Stored data entries
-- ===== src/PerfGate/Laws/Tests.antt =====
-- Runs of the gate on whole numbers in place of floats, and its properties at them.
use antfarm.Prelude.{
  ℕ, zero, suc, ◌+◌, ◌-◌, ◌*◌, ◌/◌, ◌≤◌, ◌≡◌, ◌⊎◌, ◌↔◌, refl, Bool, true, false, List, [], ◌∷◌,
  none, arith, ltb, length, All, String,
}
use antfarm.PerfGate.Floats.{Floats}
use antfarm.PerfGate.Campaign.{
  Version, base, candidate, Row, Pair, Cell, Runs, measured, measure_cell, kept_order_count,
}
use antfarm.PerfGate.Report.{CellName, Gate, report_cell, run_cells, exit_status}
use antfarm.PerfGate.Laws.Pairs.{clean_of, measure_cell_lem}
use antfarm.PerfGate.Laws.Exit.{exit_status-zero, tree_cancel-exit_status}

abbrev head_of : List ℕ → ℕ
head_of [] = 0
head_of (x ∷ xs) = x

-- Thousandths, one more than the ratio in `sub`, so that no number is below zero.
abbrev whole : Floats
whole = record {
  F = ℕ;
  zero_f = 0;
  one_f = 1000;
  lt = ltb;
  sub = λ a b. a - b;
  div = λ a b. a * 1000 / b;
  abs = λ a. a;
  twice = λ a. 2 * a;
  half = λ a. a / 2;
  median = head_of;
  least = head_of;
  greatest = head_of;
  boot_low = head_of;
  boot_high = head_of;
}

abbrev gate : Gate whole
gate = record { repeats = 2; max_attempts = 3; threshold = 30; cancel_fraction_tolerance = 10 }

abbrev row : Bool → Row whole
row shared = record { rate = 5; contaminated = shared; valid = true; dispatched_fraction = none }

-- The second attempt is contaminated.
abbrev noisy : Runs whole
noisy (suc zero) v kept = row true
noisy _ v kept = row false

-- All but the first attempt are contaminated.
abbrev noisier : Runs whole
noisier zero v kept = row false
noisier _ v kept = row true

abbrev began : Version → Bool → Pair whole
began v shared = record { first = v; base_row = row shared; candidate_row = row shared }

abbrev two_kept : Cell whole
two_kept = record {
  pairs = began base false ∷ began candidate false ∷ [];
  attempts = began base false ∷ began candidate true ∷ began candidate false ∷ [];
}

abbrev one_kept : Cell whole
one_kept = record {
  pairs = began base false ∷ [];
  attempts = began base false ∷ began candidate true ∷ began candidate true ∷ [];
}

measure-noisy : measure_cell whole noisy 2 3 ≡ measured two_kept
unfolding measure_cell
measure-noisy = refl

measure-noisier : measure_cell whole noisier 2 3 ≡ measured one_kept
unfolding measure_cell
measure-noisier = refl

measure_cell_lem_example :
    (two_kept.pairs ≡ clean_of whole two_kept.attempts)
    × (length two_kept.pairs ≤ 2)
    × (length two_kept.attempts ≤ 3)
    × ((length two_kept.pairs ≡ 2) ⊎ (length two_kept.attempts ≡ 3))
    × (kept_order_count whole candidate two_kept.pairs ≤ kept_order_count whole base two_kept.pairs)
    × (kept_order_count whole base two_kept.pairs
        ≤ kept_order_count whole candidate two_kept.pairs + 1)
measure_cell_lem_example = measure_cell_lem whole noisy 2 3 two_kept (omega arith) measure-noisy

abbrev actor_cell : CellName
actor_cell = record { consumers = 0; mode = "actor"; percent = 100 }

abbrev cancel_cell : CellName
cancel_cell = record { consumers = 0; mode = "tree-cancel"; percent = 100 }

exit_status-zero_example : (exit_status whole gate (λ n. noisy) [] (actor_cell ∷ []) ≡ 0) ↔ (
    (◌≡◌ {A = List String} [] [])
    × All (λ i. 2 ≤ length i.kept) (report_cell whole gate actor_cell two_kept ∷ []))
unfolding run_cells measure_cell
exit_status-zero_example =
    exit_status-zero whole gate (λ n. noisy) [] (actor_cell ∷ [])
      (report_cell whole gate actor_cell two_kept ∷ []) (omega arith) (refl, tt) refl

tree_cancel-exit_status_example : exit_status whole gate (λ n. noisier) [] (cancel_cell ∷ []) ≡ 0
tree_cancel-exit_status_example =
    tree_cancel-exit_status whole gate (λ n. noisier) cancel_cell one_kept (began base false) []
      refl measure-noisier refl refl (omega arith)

:: THE TASK ::
Pull out each line of the records holding the string "List".

:: EXERCISE SOLUTION ::
  ℕ, zero, suc, ◌+◌, ◌-◌, ◌*◌, ◌/◌, ◌≤◌, ◌≡◌, ◌⊎◌, ◌↔◌, refl, Bool, true, false, List, [], ◌∷◌,
abbrev head_of : List ℕ → ℕ
    (◌≡◌ {A = List String} [] [])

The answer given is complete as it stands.